### Supplied records
#####

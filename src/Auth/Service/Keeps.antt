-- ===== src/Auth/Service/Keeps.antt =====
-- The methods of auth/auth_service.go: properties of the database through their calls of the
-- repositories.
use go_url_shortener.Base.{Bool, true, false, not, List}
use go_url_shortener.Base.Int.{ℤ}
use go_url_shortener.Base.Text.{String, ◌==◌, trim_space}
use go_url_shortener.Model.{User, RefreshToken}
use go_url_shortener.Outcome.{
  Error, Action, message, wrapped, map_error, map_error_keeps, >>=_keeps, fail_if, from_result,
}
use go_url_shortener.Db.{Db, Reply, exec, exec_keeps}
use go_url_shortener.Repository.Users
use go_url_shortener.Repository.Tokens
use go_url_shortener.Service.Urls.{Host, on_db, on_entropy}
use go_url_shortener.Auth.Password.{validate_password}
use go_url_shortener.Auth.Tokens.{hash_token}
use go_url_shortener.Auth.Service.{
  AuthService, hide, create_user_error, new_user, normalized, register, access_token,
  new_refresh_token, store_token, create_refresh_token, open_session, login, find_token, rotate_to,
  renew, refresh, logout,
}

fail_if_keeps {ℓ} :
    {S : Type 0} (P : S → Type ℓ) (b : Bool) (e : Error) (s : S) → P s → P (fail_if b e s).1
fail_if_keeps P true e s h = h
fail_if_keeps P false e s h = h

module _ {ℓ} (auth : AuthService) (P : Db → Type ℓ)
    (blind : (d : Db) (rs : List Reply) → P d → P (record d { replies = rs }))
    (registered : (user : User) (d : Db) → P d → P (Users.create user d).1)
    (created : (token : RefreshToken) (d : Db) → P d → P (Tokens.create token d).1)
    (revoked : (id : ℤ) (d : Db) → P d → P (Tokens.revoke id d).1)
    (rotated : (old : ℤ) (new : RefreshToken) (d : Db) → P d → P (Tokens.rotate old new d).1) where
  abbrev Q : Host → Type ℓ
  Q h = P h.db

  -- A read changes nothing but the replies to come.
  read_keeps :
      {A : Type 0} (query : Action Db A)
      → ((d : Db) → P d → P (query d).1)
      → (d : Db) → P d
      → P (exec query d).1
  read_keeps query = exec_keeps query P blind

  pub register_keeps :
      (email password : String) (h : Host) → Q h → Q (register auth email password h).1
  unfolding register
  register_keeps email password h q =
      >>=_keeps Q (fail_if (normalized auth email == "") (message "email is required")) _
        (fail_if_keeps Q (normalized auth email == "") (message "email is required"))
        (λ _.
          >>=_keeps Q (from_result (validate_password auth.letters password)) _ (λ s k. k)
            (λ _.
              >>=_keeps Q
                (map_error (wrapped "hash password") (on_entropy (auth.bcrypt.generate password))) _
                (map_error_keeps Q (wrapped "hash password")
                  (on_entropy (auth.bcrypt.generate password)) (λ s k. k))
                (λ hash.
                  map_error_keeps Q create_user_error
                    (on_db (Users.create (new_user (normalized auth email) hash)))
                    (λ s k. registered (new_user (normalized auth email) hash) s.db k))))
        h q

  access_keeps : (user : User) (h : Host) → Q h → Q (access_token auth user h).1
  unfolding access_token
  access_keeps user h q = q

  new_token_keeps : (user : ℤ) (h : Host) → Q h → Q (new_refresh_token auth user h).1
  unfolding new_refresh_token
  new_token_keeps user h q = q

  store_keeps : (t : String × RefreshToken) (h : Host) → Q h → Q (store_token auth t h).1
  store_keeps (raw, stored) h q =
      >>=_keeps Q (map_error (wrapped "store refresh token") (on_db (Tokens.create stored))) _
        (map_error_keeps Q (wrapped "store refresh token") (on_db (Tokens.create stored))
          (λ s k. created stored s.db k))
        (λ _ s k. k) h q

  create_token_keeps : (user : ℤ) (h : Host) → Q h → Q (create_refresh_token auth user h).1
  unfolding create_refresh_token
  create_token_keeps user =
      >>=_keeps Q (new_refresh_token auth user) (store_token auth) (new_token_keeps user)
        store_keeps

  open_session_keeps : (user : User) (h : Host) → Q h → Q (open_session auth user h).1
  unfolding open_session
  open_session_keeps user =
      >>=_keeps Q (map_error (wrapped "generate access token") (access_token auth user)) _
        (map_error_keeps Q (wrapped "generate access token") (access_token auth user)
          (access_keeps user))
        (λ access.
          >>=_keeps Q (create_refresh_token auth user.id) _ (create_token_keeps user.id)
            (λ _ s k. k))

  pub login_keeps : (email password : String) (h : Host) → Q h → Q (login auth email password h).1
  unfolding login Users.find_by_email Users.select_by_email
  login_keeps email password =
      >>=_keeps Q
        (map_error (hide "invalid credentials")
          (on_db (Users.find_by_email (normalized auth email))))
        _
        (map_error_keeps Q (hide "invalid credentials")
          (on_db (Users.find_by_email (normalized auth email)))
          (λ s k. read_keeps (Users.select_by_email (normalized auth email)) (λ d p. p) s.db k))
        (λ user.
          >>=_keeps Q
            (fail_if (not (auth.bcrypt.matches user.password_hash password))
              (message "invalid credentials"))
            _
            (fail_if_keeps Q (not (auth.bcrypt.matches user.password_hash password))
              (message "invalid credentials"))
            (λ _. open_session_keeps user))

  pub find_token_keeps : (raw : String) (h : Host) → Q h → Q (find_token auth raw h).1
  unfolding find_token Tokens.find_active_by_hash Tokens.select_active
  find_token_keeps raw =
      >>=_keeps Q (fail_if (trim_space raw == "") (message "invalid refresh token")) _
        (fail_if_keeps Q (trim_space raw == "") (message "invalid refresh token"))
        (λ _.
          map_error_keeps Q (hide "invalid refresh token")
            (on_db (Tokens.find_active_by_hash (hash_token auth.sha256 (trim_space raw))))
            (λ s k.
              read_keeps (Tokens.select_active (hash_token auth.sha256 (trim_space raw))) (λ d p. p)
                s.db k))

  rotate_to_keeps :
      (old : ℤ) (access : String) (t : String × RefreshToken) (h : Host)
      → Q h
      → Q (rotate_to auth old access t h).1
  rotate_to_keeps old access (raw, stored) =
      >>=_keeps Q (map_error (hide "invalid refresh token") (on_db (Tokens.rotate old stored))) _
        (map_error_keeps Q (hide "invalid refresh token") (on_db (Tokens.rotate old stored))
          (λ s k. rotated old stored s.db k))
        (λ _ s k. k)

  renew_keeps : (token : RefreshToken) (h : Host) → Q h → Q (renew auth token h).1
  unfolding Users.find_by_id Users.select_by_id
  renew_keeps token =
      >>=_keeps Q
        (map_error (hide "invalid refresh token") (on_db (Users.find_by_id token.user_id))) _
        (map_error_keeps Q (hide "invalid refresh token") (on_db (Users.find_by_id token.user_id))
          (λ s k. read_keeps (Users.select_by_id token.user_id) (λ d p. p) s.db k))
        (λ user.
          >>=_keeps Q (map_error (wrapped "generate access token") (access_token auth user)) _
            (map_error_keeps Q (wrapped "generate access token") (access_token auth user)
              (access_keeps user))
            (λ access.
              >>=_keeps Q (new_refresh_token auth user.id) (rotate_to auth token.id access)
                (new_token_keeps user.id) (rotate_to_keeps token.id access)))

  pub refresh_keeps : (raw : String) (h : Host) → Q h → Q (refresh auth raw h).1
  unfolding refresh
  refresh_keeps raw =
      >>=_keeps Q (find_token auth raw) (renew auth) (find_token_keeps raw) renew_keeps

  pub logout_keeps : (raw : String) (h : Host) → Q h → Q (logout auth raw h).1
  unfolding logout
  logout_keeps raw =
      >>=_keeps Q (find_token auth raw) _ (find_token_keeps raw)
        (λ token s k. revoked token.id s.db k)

#####

### Prompt
Write out each record exactly, without addition or omission.

### Output of the task
filename src/Auth/Service/Keeps.antt
-- ===== src/Auth/Service/Keeps.antt =====
-- The methods of auth/auth_service.go: properties of the database through their calls of the
-- repositories.
use go_url_shortener.Base.{Bool, true, false, not, List}
use go_url_shortener.Base.Int.{ℤ}
use go_url_shortener.Base.Text.{String, ◌==◌, trim_space}
use go_url_shortener.Model.{User, RefreshToken}
use go_url_shortener.Outcome.{
  Error, Action, message, wrapped, map_error, map_error_keeps, >>=_keeps, fail_if, from_result,
}
use go_url_shortener.Db.{Db, Reply, exec, exec_keeps}
use go_url_shortener.Repository.Users
use go_url_shortener.Repository.Tokens
use go_url_shortener.Service.Urls.{Host, on_db, on_entropy}
use go_url_shortener.Auth.Password.{validate_password}
use go_url_shortener.Auth.Tokens.{hash_token}
use go_url_shortener.Auth.Service.{
  AuthService, hide, create_user_error, new_user, normalized, register, access_token,
  new_refresh_token, store_token, create_refresh_token, open_session, login, find_token, rotate_to,
  renew, refresh, logout,
}

fail_if_keeps {ℓ} :
    {S : Type 0} (P : S → Type ℓ) (b : Bool) (e : Error) (s : S) → P s → P (fail_if b e s).1
fail_if_keeps P true e s h = h
fail_if_keeps P false e s h = h

module _ {ℓ} (auth : AuthService) (P : Db → Type ℓ)
    (blind : (d : Db) (rs : List Reply) → P d → P (record d { replies = rs }))
    (registered : (user : User) (d : Db) → P d → P (Users.create user d).1)
    (created : (token : RefreshToken) (d : Db) → P d → P (Tokens.create token d).1)
    (revoked : (id : ℤ) (d : Db) → P d → P (Tokens.revoke id d).1)
    (rotated : (old : ℤ) (new : RefreshToken) (d : Db) → P d → P (Tokens.rotate old new d).1) where
  abbrev Q : Host → Type ℓ
  Q h = P h.db

  -- A read changes nothing but the replies to come.
  read_keeps :
      {A : Type 0} (query : Action Db A)
      → ((d : Db) → P d → P (query d).1)
      → (d : Db) → P d
      → P (exec query d).1
  read_keeps query = exec_keeps query P blind

  pub register_keeps :
      (email password : String) (h : Host) → Q h → Q (register auth email password h).1
  unfolding register
  register_keeps email password h q =
      >>=_keeps Q (fail_if (normalized auth email == "") (message "email is required")) _
        (fail_if_keeps Q (normalized auth email == "") (message "email is required"))
        (λ _.
          >>=_keeps Q (from_result (validate_password auth.letters password)) _ (λ s k. k)
            (λ _.
              >>=_keeps Q
                (map_error (wrapped "hash password") (on_entropy (auth.bcrypt.generate password))) _
                (map_error_keeps Q (wrapped "hash password")
                  (on_entropy (auth.bcrypt.generate password)) (λ s k. k))
                (λ hash.
                  map_error_keeps Q create_user_error
                    (on_db (Users.create (new_user (normalized auth email) hash)))
                    (λ s k. registered (new_user (normalized auth email) hash) s.db k))))
        h q

  access_keeps : (user : User) (h : Host) → Q h → Q (access_token auth user h).1
  unfolding access_token
  access_keeps user h q = q

  new_token_keeps : (user : ℤ) (h : Host) → Q h → Q (new_refresh_token auth user h).1
  unfolding new_refresh_token
  new_token_keeps user h q = q

  store_keeps : (t : String × RefreshToken) (h : Host) → Q h → Q (store_token auth t h).1
  store_keeps (raw, stored) h q =
      >>=_keeps Q (map_error (wrapped "store refresh token") (on_db (Tokens.create stored))) _
        (map_error_keeps Q (wrapped "store refresh token") (on_db (Tokens.create stored))
          (λ s k. created stored s.db k))
        (λ _ s k. k) h q

  create_token_keeps : (user : ℤ) (h : Host) → Q h → Q (create_refresh_token auth user h).1
  unfolding create_refresh_token
  create_token_keeps user =
      >>=_keeps Q (new_refresh_token auth user) (store_token auth) (new_token_keeps user)
        store_keeps

  open_session_keeps : (user : User) (h : Host) → Q h → Q (open_session auth user h).1
  unfolding open_session
  open_session_keeps user =
      >>=_keeps Q (map_error (wrapped "generate access token") (access_token auth user)) _
        (map_error_keeps Q (wrapped "generate access token") (access_token auth user)
          (access_keeps user))
        (λ access.
          >>=_keeps Q (create_refresh_token auth user.id) _ (create_token_keeps user.id)
            (λ _ s k. k))

  pub login_keeps : (email password : String) (h : Host) → Q h → Q (login auth email password h).1
  unfolding login Users.find_by_email Users.select_by_email
  login_keeps email password =
      >>=_keeps Q
        (map_error (hide "invalid credentials")
          (on_db (Users.find_by_email (normalized auth email))))
        _
        (map_error_keeps Q (hide "invalid credentials")
          (on_db (Users.find_by_email (normalized auth email)))
          (λ s k. read_keeps (Users.select_by_email (normalized auth email)) (λ d p. p) s.db k))
        (λ user.
          >>=_keeps Q
            (fail_if (not (auth.bcrypt.matches user.password_hash password))
              (message "invalid credentials"))
            _
            (fail_if_keeps Q (not (auth.bcrypt.matches user.password_hash password))
              (message "invalid credentials"))
            (λ _. open_session_keeps user))

  pub find_token_keeps : (raw : String) (h : Host) → Q h → Q (find_token auth raw h).1
  unfolding find_token Tokens.find_active_by_hash Tokens.select_active
  find_token_keeps raw =
      >>=_keeps Q (fail_if (trim_space raw == "") (message "invalid refresh token")) _
        (fail_if_keeps Q (trim_space raw == "") (message "invalid refresh token"))
        (λ _.
          map_error_keeps Q (hide "invalid refresh token")
            (on_db (Tokens.find_active_by_hash (hash_token auth.sha256 (trim_space raw))))
            (λ s k.
              read_keeps (Tokens.select_active (hash_token auth.sha256 (trim_space raw))) (λ d p. p)
                s.db k))

  rotate_to_keeps :
      (old : ℤ) (access : String) (t : String × RefreshToken) (h : Host)
      → Q h
      → Q (rotate_to auth old access t h).1
  rotate_to_keeps old access (raw, stored) =
      >>=_keeps Q (map_error (hide "invalid refresh token") (on_db (Tokens.rotate old stored))) _
        (map_error_keeps Q (hide "invalid refresh token") (on_db (Tokens.rotate old stored))
          (λ s k. rotated old stored s.db k))
        (λ _ s k. k)

  renew_keeps : (token : RefreshToken) (h : Host) → Q h → Q (renew auth token h).1
  unfolding Users.find_by_id Users.select_by_id
  renew_keeps token =
      >>=_keeps Q
        (map_error (hide "invalid refresh token") (on_db (Users.find_by_id token.user_id))) _
        (map_error_keeps Q (hide "invalid refresh token") (on_db (Users.find_by_id token.user_id))
          (λ s k. read_keeps (Users.select_by_id token.user_id) (λ d p. p) s.db k))
        (λ user.
          >>=_keeps Q (map_error (wrapped "generate access token") (access_token auth user)) _
            (map_error_keeps Q (wrapped "generate access token") (access_token auth user)
              (access_keeps user))
            (λ access.
              >>=_keeps Q (new_refresh_token auth user.id) (rotate_to auth token.id access)
                (new_token_keeps user.id) (rotate_to_keeps token.id access)))

  pub refresh_keeps : (raw : String) (h : Host) → Q h → Q (refresh auth raw h).1
  unfolding refresh
  refresh_keeps raw =
      >>=_keeps Q (find_token auth raw) (renew auth) (find_token_keeps raw) renew_keeps

  pub logout_keeps : (raw : String) (h : Host) → Q h → Q (logout auth raw h).1
  unfolding logout
  logout_keeps raw =
      >>=_keeps Q (find_token auth raw) _ (find_token_keeps raw)
        (λ token s k. revoked token.id s.db k)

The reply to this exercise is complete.